• WHAT THE TASK ASKS
Go through the entries below and print, exactly, the lines starting at the one with "move_down (suc count)" and ending at the one with "xor_options none b = none", keeping both ends and no others.

(Saved entries)
>>>>>

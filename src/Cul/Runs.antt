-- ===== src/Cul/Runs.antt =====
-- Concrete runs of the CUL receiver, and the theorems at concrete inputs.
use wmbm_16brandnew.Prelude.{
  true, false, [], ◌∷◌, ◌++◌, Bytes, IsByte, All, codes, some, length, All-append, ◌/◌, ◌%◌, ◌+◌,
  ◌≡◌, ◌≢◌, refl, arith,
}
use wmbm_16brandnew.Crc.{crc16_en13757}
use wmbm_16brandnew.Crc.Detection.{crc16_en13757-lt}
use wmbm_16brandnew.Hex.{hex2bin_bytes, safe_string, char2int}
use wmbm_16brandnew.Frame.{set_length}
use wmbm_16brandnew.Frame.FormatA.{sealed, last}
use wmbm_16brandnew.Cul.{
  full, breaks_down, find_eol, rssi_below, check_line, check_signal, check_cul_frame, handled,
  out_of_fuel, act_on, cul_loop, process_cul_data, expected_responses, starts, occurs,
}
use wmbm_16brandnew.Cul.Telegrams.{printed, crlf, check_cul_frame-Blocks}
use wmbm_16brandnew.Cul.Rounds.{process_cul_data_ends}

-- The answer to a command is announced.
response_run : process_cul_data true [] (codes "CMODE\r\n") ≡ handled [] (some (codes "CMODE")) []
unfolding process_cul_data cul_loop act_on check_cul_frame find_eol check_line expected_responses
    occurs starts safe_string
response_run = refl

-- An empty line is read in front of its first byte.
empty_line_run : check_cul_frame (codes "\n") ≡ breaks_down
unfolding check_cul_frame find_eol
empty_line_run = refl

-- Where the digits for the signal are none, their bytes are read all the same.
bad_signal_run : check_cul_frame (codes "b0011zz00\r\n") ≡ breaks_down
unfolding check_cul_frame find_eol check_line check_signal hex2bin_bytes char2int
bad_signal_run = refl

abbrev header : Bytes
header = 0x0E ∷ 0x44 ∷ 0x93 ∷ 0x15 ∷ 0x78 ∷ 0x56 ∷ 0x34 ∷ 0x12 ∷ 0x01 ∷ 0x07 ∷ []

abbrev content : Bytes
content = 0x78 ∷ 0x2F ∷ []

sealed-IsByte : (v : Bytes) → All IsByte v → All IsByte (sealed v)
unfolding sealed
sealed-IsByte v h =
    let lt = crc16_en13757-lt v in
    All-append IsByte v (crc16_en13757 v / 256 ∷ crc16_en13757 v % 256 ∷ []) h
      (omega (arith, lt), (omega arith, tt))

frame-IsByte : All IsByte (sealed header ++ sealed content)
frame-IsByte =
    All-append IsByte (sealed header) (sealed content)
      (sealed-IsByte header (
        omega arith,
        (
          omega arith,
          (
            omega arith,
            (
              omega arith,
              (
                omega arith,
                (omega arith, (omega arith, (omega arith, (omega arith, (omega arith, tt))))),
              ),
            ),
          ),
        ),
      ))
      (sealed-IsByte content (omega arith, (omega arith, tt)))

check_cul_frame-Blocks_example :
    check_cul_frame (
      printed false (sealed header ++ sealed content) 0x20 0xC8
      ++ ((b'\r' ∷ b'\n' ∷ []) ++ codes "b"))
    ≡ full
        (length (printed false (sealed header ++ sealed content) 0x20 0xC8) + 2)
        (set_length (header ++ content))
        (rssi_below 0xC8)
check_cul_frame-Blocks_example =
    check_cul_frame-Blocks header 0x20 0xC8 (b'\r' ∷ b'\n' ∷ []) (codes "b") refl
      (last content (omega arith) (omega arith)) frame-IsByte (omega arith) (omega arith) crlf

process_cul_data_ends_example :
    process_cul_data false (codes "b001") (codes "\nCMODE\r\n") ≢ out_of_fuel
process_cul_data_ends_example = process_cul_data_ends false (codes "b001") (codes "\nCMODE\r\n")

<<<<<
>>>>>

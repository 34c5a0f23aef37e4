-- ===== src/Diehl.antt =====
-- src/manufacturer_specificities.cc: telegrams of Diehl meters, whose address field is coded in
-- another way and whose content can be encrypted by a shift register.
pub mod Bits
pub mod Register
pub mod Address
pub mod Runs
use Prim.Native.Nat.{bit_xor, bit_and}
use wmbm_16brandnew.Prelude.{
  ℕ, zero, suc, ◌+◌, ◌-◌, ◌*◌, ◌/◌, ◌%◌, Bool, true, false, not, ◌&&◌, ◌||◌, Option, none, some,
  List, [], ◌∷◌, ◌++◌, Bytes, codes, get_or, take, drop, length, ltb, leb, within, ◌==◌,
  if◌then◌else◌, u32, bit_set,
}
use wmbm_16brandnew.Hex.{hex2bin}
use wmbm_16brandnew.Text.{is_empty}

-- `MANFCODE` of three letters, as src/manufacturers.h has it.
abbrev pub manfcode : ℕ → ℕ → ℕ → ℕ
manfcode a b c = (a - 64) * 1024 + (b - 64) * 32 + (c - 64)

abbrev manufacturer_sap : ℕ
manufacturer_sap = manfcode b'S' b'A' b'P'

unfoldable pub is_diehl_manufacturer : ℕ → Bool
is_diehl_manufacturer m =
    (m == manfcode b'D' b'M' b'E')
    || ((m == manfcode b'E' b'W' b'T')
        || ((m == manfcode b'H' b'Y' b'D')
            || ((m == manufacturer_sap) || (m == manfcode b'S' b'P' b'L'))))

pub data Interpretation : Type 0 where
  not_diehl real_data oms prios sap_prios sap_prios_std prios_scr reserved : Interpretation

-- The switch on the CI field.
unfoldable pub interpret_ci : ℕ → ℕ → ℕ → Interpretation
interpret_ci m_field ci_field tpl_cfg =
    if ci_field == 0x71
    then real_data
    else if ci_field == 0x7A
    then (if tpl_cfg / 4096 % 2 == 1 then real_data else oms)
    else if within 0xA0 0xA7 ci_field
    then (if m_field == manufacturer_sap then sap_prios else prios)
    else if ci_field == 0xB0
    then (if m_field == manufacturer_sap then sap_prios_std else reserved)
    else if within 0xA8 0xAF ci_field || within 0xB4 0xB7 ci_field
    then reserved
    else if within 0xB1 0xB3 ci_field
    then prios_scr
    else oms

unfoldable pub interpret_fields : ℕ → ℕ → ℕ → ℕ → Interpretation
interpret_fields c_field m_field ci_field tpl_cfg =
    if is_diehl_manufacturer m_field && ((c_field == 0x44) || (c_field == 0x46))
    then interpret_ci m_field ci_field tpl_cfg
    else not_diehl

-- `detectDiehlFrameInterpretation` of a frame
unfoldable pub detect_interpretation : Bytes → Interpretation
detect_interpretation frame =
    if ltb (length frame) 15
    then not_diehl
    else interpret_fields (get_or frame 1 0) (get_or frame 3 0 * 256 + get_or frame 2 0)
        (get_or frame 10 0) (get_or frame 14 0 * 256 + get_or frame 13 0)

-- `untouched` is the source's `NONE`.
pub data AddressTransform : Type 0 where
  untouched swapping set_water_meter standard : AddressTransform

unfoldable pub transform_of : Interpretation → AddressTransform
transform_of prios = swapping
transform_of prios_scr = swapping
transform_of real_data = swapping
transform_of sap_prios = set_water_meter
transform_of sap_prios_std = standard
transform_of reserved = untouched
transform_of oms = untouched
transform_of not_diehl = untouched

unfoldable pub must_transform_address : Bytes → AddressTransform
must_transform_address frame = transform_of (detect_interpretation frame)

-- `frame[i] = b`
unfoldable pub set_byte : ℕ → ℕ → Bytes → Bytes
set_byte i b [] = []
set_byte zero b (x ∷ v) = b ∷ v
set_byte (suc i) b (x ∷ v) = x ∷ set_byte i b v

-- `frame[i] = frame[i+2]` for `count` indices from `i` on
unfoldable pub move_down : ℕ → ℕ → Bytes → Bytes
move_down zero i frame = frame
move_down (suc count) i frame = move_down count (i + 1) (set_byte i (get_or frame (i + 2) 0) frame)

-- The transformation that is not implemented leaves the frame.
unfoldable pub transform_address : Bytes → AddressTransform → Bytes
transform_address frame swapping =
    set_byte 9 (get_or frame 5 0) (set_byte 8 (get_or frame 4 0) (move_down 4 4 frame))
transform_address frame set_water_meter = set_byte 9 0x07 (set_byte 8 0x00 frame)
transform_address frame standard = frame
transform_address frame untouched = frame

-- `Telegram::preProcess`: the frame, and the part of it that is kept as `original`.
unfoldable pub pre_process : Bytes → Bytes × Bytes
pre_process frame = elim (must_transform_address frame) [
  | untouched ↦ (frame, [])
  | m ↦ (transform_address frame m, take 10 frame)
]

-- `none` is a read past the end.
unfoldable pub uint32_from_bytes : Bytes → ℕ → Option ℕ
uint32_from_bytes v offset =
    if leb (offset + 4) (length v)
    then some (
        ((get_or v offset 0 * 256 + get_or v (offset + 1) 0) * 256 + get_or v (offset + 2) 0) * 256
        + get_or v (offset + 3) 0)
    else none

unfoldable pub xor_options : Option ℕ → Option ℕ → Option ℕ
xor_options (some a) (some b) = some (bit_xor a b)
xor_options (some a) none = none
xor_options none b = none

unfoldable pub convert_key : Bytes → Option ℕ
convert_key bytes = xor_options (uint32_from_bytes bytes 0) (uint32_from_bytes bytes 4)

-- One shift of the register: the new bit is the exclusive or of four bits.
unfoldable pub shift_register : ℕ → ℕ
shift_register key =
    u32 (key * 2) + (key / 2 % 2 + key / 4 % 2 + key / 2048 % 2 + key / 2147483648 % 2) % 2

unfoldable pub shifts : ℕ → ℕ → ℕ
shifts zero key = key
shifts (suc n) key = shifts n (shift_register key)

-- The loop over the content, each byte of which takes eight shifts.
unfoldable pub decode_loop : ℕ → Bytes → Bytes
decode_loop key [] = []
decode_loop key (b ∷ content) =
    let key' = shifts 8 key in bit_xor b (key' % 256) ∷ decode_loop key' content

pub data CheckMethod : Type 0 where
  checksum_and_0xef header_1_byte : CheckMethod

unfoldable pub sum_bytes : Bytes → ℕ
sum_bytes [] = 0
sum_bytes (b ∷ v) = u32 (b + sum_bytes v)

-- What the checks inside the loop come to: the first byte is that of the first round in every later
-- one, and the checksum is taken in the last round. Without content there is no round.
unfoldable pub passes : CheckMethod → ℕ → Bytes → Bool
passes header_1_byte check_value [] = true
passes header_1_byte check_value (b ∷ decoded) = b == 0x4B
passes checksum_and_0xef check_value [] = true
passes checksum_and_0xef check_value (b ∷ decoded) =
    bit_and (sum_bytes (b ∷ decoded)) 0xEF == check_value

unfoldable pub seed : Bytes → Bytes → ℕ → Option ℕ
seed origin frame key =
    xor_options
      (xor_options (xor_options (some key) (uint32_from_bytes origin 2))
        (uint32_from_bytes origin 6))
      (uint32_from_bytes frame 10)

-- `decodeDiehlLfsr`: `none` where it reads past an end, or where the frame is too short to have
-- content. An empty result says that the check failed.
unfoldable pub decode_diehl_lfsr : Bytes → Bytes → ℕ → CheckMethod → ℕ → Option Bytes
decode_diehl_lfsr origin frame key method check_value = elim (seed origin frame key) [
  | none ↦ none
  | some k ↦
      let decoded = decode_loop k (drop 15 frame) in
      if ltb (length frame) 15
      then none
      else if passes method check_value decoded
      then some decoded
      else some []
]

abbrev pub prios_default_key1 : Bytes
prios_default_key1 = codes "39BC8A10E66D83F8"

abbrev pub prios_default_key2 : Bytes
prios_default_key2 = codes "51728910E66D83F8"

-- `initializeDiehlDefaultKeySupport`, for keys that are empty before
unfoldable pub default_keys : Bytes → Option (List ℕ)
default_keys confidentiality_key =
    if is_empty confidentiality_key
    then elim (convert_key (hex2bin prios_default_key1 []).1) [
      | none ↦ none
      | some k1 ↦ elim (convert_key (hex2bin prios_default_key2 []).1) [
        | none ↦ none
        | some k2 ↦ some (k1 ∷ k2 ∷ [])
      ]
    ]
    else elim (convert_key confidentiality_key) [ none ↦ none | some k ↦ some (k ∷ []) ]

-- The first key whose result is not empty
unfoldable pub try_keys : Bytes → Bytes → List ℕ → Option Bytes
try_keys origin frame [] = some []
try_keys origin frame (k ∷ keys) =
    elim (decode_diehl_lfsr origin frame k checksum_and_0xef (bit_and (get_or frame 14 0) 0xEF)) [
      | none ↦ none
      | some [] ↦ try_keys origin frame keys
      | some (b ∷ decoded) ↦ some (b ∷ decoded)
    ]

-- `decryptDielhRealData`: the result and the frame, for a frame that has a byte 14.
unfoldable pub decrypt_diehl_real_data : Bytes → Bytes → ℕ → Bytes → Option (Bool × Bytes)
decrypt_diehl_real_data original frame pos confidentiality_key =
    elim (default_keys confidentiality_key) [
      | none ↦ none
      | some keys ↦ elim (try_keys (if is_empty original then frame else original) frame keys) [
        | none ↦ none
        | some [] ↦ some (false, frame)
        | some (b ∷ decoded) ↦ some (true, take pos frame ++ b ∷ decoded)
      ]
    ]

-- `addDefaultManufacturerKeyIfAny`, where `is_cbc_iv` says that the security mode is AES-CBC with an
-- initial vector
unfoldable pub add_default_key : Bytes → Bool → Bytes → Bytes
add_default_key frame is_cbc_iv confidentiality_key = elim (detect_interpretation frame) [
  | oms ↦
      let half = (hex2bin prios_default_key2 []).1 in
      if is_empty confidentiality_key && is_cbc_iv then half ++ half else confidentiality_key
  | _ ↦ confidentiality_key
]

<<<<<
>>>>>

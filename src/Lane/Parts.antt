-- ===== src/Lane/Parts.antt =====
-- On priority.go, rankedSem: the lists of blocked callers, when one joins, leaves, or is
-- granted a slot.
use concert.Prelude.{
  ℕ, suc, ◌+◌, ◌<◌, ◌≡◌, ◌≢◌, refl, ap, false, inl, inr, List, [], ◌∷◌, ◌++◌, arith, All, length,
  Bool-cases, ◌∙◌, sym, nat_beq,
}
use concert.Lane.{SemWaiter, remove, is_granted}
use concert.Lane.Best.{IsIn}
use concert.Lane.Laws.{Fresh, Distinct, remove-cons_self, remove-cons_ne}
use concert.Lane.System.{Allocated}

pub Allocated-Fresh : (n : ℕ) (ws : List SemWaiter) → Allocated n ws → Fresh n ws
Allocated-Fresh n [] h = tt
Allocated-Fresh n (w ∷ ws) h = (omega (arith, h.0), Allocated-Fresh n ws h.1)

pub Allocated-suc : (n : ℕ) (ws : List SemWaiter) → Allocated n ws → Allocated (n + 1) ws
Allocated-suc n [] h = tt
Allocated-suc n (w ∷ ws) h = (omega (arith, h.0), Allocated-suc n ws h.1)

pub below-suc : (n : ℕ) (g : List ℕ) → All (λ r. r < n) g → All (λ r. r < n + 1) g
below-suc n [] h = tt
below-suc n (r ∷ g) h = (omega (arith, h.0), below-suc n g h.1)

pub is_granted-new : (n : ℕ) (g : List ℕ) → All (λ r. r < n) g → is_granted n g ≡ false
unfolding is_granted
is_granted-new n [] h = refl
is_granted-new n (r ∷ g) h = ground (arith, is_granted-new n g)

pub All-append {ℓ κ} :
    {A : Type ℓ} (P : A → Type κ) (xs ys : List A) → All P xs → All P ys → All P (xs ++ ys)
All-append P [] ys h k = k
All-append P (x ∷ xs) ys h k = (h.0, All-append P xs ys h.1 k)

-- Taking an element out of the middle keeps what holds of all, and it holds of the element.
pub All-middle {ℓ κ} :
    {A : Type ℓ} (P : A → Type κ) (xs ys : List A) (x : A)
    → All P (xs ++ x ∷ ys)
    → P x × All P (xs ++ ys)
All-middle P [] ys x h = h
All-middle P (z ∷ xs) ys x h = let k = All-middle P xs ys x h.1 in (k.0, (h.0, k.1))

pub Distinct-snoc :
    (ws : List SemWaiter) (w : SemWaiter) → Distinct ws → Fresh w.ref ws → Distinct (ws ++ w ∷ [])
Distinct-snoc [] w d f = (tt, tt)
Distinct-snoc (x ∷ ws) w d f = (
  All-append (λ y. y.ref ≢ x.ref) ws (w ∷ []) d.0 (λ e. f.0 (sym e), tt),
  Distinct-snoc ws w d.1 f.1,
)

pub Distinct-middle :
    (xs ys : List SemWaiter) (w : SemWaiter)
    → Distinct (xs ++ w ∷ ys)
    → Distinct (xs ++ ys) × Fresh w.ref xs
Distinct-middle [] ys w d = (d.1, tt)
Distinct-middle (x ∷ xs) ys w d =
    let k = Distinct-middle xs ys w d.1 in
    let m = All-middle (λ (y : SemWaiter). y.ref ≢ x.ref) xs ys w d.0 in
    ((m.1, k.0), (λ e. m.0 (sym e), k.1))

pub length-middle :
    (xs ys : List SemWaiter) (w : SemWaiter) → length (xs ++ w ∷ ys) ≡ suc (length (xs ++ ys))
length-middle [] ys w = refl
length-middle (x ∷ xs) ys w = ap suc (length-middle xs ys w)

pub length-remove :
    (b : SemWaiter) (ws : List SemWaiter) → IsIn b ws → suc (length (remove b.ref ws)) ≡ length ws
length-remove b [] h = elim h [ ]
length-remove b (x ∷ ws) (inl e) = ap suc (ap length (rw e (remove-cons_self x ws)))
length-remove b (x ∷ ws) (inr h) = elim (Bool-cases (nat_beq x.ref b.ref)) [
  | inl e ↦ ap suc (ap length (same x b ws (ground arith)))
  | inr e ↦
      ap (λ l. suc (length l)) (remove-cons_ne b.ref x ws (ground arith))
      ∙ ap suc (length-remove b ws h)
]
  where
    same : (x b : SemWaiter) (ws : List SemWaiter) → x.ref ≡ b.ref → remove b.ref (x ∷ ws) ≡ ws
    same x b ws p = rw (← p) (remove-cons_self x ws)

<<<<<

• OUTPUT FOR THIS EXERCISE
move_down (suc count) i frame = move_down count (i + 1) (set_byte i (get_or frame (i + 2) 0) frame)

-- The transformation that is not implemented leaves the frame.
unfoldable pub transform_address : Bytes → AddressTransform → Bytes
transform_address frame swapping =
    set_byte 9 (get_or frame 5 0) (set_byte 8 (get_or frame 4 0) (move_down 4 4 frame))
transform_address frame set_water_meter = set_byte 9 0x07 (set_byte 8 0x00 frame)
transform_address frame standard = frame
transform_address frame untouched = frame

-- `Telegram::preProcess`: the frame, and the part of it that is kept as `original`.
unfoldable pub pre_process : Bytes → Bytes × Bytes
pre_process frame = elim (must_transform_address frame) [
  | untouched ↦ (frame, [])
  | m ↦ (transform_address frame m, take 10 frame)
]

-- `none` is a read past the end.
unfoldable pub uint32_from_bytes : Bytes → ℕ → Option ℕ
uint32_from_bytes v offset =
    if leb (offset + 4) (length v)
    then some (
        ((get_or v offset 0 * 256 + get_or v (offset + 1) 0) * 256 + get_or v (offset + 2) 0) * 256
        + get_or v (offset + 3) 0)
    else none

unfoldable pub xor_options : Option ℕ → Option ℕ → Option ℕ
xor_options (some a) (some b) = some (bit_xor a b)
xor_options (some a) none = none
xor_options none b = none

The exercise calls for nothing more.